TR_problem_statements_sep09

Some "Tree Reconciliation" Problem Statements for the September 2009 Developers Meeting in Austin

All: Please add your own to these, modify the ones that are there, and leave comments as to priority, interest, and feasibility.  Thanks, Todd

1. What are the orthologs in the selected taxa for a focal gene?

A biologist would like to undertake an experiment that involves manipulation of related genes in different plant species.  They have certain taxa in mind. Given those taxa, but taking into consideration the rest of the gene tree and species tree reconciliation, which genes in the other taxa are orthologs (ie there is a speciation event at their divergence node) as opposed to paralogs (ie there is a duplication event at the divergence node) relative to the focal gene?  They may want to specify the focal gene using an identifier in a sequence database (e.g. Genbank), an identifier in a model organism database (e.g. an AT# from Arabidopsis), or an EST sequence of their own.  They would be interesting in knowing what the level of uncertainty is in the conclusions (due to uncertainty in tree topology and rooting) and visualizing the gene tree within the species tree of selected taxa (PrimeTV style).

1B. Where in evolution did protein domain structural changes occur within a gene family?

A related problem is to identify where changes in protein domain structure (eg INTERPRO domain presence/absence/number/order) occurred on a species tree for the same set of orthologs and paralogs.

2. What are the gene families that expanded or contracted in number along a particular phylogenetic branch or path?
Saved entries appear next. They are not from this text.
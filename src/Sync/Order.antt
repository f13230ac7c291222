-- ===== src/Sync/Order.antt =====
-- The steps of a replay keep its invariant: include/xsync.hh.
use double_take.Prelude.{
  ℕ, ◌≤◌, ◌≡◌, ◌≢◌, inl, inr, refl, sym, ap, ◌∙◌, Bool, true, false, Option, some, ◌==◌, get_elem?,
  ==→eq, eq→==, ne→==, Bool-cases, arith,
}
use double_take.Sync.{EventPtr, World, assign}
use double_take.Sync.Inv.{iter, Passed, IsCurrent, Inv}

pub assign_self {ℓ} : {A : Type ℓ} (f : ℕ → A) (v : ℕ) (a : A) → assign f v a v ≡ a
assign_self f v a = rw (eq→== v v refl) refl

pub assign_ne {ℓ} : {A : Type ℓ} (f : ℕ → A) (v u : ℕ) (a : A) → v ≢ u → assign f v a u ≡ f u
assign_ne f v u a ne = rw (ne→== v u ne) refl

-- Where two lists differ in their readiness, they are different.
pub ne_of_ready : (ready : ℕ → Bool) (v u : ℕ) → ready v ≡ false → ready u ≡ true → v ≢ u
ne_of_ready ready v u h k e = ground (arith, rw e at h, k)

ready_of_assign : (ready : ℕ → Bool) (v u : ℕ) → assign ready v false u ≡ true → ready u ≡ true
ready_of_assign ready v u h = ground (arith, h)

pub some_inj : {A : Type 0} (a b : A) → some a ≡ some b → a ≡ b
some_inj a b h = cc

-- A list has one current event.
pub current_unique :
    (w : World) (v k j : ℕ) (e x : EventPtr) → IsCurrent w v k e → IsCurrent w v j x → e ≡ x
current_unique w v k j e x (c, at) (d, au) =
    let same : k ≡ j = some_inj k j (sym c ∙ d) in
    some_inj e x (sym at ∙ ap (get_elem? (w.list v)) same ∙ au)

-- A list stays prepared, when one is taken out whose current event is passed, if its own is not.
still_ready :
    (ready : ℕ → Bool) (w : World) (v u k j : ℕ) (e x : EventPtr)
    → IsCurrent w v k e
    → Passed w e
    → IsCurrent w u j x
    → iter w x.thread ≤ x.place
    → ready u ≡ true
    → assign ready v false u ≡ true
still_ready ready w v u k j e x c passed d waits r = elim (Bool-cases (v == u)) [
  | inl same ↦
      let eq = current_unique w v k j e x c (rw (==→eq v u same) d) in
      absurd (omega (arith, rw eq at passed, waits))
  | inr other ↦ rw other r
]

le_of_next :
    (w : World) (x : EventPtr) (t : ℕ)
    → x.thread ≡ t
    → x.place ≡ iter w t
    → iter w x.thread ≤ x.place
le_of_next w x t et ep = omega (arith, sym (ep ∙ ap (iter w) (sym et)))

module _ (ready : ℕ → Bool) (w : World) (v : ℕ) where
  -- A list whose current event is passed may be taken out of the prepared ones.
  pub Inv-release :
      (k : ℕ) (e : EventPtr)
      → Inv ready w
      → IsCurrent w v k e
      → Passed w e
      → Inv (assign ready v false) w
  Inv-release k e inv cur passed = record {
    at_most_one = inv.at_most_one;
    granted = λ t h.
        let (u, j, x, c, r, et, ep, out) = inv.granted t h in
        (
          u,
          j,
          x,
          c,
          still_ready ready w v u k j e x cur passed c (le_of_next w x t et ep) r,
          et,
          ep,
          out,
        );
    waiting = λ t x i.
        let (u, j, c, r, et, le) = inv.waiting t x i in
        (u, j, c, still_ready ready w v u k j e x cur passed c (rw et le) r, et, le);
    distinct = inv.distinct;
    before = λ u i j x r. inv.before u i j x (ready_of_assign ready v u r);
    after = λ u i j x r. inv.after u i j x (ready_of_assign ready v u r);
    over = λ u j x r. inv.over u j x (ready_of_assign ready v u r);
    signalled = λ u j x r. inv.signalled u j x (ready_of_assign ready v u r);
  }

  -- The current entry of a list that is not prepared is of no account.
  pub Inv-set_current :
      (c : Option ℕ)
      → Inv ready w
      → ready v ≡ false
      → Inv ready (record w { curentry = assign w.curentry v c })
  Inv-set_current c inv idle = record {
    at_most_one = inv.at_most_one;
    granted = λ t h.
        let (u, j, x, (cu, at), r, et, ep, out) = inv.granted t h in
        (
          u,
          j,
          x,
          (rw (assign_ne w.curentry v u c (ne_of_ready ready v u idle r)) cu, at),
          r,
          et,
          ep,
          out,
        );
    waiting = λ t x i.
        let (u, j, (cu, at), r, et, le) = inv.waiting t x i in
        (u, j, (rw (assign_ne w.curentry v u c (ne_of_ready ready v u idle r)) cu, at), r, et, le);
    distinct = inv.distinct;
    before = λ u i j x r cu.
        inv.before u i j x r (rw (assign_ne w.curentry v u c (ne_of_ready ready v u idle r)) at cu);
    after = λ u i j x r cu.
        inv.after u i j x r (rw (assign_ne w.curentry v u c (ne_of_ready ready v u idle r)) at cu);
    over = λ u j x r cu.
        inv.over u j x r (rw (assign_ne w.curentry v u c (ne_of_ready ready v u idle r)) at cu);
    signalled = λ u j x r cu.
        inv.signalled u j x r
          (rw (assign_ne w.curentry v u c (ne_of_ready ready v u idle r)) at cu.0, cu.1);
  }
A biologist is analyzing the gene content in a newly sequenced plant and would like to know what gene families underwent duplication or loss along the phylogenetic path connecting the newly sequenced plant with its most closely related sequenced relatives.  They would like to see the results ranked according to the proportion of duplicates/losses per copy by gene family, or by Gene Ontology slim terms.  They would like to have confidence intervals on the proportions that take into account gene family and species tree uncertainty.  It would be nice to be able to explore the results under particular alternative species phylogenies.

3. What are the gene families that show similar patterns of expansion or contraction?

A biologist would like to identify gene families of unknown gene function that are coevolving with gene families of known function, based on correlation in the number of duplications (and possibly losses) on branches of the species phylogeny.  Given one gene family, what other gene families are "close" to it in this reconciliation space, and what are the annotations (eg GO assignments) for each family?

4. Is phylogenetic incongruity in a given gene family due to processes other than duplication?

For genes in closely related species with phylogenies that are incongruent with those of the species, what is the relative support for the hypotheses of duplication/loss versus lineage sorting/hybridization?  For distantly related genes, what is the relative support for lateral transfer versus duplication/loss?